Марк Хелприн - На солнце и в тени Страница 17
Марк Хелприн - На солнце и в тени читать онлайн бесплатно
– А как насчет пуль? – спросила она.
– Ну, – сказал он, как ей показалось, смущенно, – и это тоже бывает.
– Куда мы идем? – спросила она, словно разочарованная его каталогом малозначительных ран. Он чувствовал, что его перечень огорчил ее, что излагал он его хвастливо и хамски и, что еще хуже, обращался при этом к ней, – это раздосадовало его больше, чем ранки.
– Я знаю много хороших ресторанов, во всяком случае, они были хороши до войны, но по понедельникам там закрыто. Я имею в виду французские рестораны.
– Не обязательно во французский, – сказала она. – Не надо ничего изысканного. Я не могу себе этого позволить, правда.
– Я заплачу, – сказал он. Конечно, он заплатит. Мужчине положено.
– Не за меня, – сказала она в ответ.
– Почему?
– Есть причина, – сказала она.
– Знаю, – ответил он. – Я должен рассказать вам об этом.
– Вы должны рассказать мне?
– Когда мы сядем.
Она была озадачена.
– Хорошо, – согласилась она, – но где?
– Есть одно заведение на Двадцатых, между Пятой и Шестой авеню, которое работает по понедельникам.

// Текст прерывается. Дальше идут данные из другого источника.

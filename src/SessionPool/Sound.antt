-- ===== src/SessionPool/Sound.antt =====
-- internal/mcpclient/session_pool.go: what it means that sessions are open while they are held, and
-- that none is lost from the store of connections.
use gen_runner.Prelude.{
  ℕ, suc, ◌<◌, ◌≡◌, sym, ap, ◌∙◌, subst, ◌≢◌, ◌⊎◌, inl, inr, Bool, true, false, ◌||◌, Option, none,
  some, List, [], ◌∷◌, arith, ◌==◌, ==_iff, Bool-cases,
}
use gen_runner.SessionPool.{PooledConn, Sessions, conn_at}

-- The session that the connection at an address has.
abbrev pub held : List PooledConn → ℕ → Option ℕ
held conns a = (conn_at conns a).session

abbrev pub is_in : ℕ → List ℕ → Bool
is_in s [] = false
is_in s (t ∷ l) = s == t || is_in s l

-- A session that is held was opened and is not closed, no two connections have the same one, every
-- session that was opened is closed or held, and what is closed was opened.
abbrev pub IsSound : (ℕ → Option ℕ) → ℕ → List ℕ → Type 0
IsSound h opened closed =
    ((a s : ℕ) → h a ≡ some s → (s < opened) × (is_in s closed ≡ false))
    × ((a b s : ℕ) → h a ≡ some s → h b ≡ some s → a ≡ b)
    × ((s : ℕ) → s < opened → is_in s closed ≡ false → (a : ℕ) × (h a ≡ some s))
    × ((s : ℕ) → is_in s closed ≡ true → s < opened)

abbrev pub IsSoundPool : Sessions → Type 0
IsSoundPool p = IsSound (held p.conns) p.opened p.closed

pub ℕ-cases : (a b : ℕ) → (a ≡ b) ⊎ (a ≢ b)
ℕ-cases a b = elim (Bool-cases (a == b)) [
  | inl t ↦ inl ((==_iff a b).0 t)
  | inr t ↦ inr (ground (arith, t))
]

pub ext-IsSound :
    (h h' : ℕ → Option ℕ) (opened : ℕ) (closed : List ℕ)
    → ((a : ℕ) → h' a ≡ h a)
    → IsSound h opened closed
    → IsSound h' opened closed
ext-IsSound h h' opened closed e (i, j, k, u) = (
  λ a s x. i a s (sym (e a) ∙ x),
  λ a b s x y. j a b s (sym (e a) ∙ x) (sym (e b) ∙ y),
  λ s l n. let (a, x) = k s l n in (a, e a ∙ x),
  u,
)

-- `h'` is `h` but at `a`.
abbrev pub SameBut : (ℕ → Option ℕ) → (ℕ → Option ℕ) → ℕ → Type 0
SameBut h h' a = (b : ℕ) → a ≢ b → h' b ≡ h b

pub closed-IsSound :
    (h h' : ℕ → Option ℕ) (a s opened : ℕ) (closed : List ℕ)
    → h a ≡ some s
    → h' a ≡ none
    → SameBut h h' a
    → IsSound h opened closed
    → IsSound h' opened (s ∷ closed)
closed-IsSound h h' a s opened closed e n o (i, j, k, u) = (
  λ b t x. elim (ℕ-cases a b) [
    | inl q ↦ ground (arith, ap h' q, n, x)
    | inr q ↦
        let y = sym (o b q) ∙ x in
        let (l, c) = i b t y in
        (
          l,
          elim (ℕ-cases t s) [
            | inl z ↦ ground (arith, q, j a b s e (y ∙ ap some z))
            | inr z ↦ ground (arith, z, c)
          ],
        )
  ],
  λ b c t x y. elim (ℕ-cases a b) [
    | inl q ↦ ground (arith, ap h' q, n, x)
    | inr q ↦ elim (ℕ-cases a c) [
      | inl r ↦ ground (arith, ap h' r, n, y)
      | inr r ↦ j b c t (sym (o b q) ∙ x) (sym (o c r) ∙ y)
    ]
  ],
  λ t l m.
      let (b, x) = k t l (ground (arith, m)) in
      elim (ℕ-cases a b) [
        | inl q ↦ let z : some s ≡ some t = sym e ∙ ap h q ∙ x in ground (arith, z, m)
        | inr q ↦ (b, o b q ∙ x)
      ],
  λ t m. elim (ℕ-cases t s) [
    | inl z ↦ subst (λ x. x < opened) (sym z) (i a s e).0
    | inr z ↦ u t (ground (arith, z, m))
  ],
)

pub opened-IsSound :
    (h h' : ℕ → Option ℕ) (a opened : ℕ) (closed : List ℕ)
    → h a ≡ none
    → h' a ≡ some opened
    → SameBut h h' a
    → IsSound h opened closed
    → IsSound h' (suc opened) closed
opened-IsSound h h' a opened closed e n o (i, j, k, u) =
    let first : (b t : ℕ) → h' b ≡ some t → ((a ≡ b) × (t ≡ opened)) ⊎ ((a ≢ b) × (h b ≡ some t)) =
      λ b t x. elim (ℕ-cases a b) [
        | inl q ↦ inl (q, ground (arith, ap h' q, n, x))
        | inr q ↦ inr (q, sym (o b q) ∙ x)
      ] in
    let fresh : is_in opened closed ≡ false = elim (Bool-cases (is_in opened closed)) [
      | inl t ↦ ground (arith, u opened t)
      | inr t ↦ t
    ] in
    (
      λ b t x. elim (first b t x) [
        | inl (q, z) ↦ (omega (arith, z), subst (λ y. is_in y closed ≡ false) (sym z) fresh)
        | inr (q, y) ↦ let (l, c) = i b t y in (omega (arith, l), c)
      ],
      λ b c t x y. elim (first b t x) [
        | inl (q, z) ↦ elim (first c t y) [
          | inl (r, w) ↦ sym q ∙ r
          | inr (r, w) ↦ ground (arith, z, (i c t w).0)
        ]
        | inr (q, z) ↦ elim (first c t y) [
          | inl (r, w) ↦ ground (arith, w, (i b t z).0)
          | inr (r, w) ↦ j b c t z w
        ]
      ],
      λ t l m. elim (ℕ-cases t opened) [
        | inl z ↦ (a, n ∙ ap some (sym z))
        | inr z ↦
            let (b, x) = k t (ground (arith, z, l)) m in
            elim (ℕ-cases a b) [ inl q ↦ ground (arith, ap h q, e, x) | inr q ↦ (b, o b q ∙ x) ]
      ],
      λ t m. omega (arith, u t m),
    )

Их фирменное блюдо – рыба («ыба», как там говорят), приготовленная на углях. – Ей идея понравилась. – Пойдем пешком или на автобусе?
Они находились на углу Пятой авеню и 44-й улицы, и в этот миг к ним подъехал двухэтажный автобус, открыв двери со звуком, который издают в зоопарке тюлени, когда смотритель подходит к ним с ведром кальмаров. Кэтрин вскочила на ступеньки, взобралась по винтовой лестнице и скрылась из виду еще до того, как закрылись двери. Он заплатил и последовал за ней.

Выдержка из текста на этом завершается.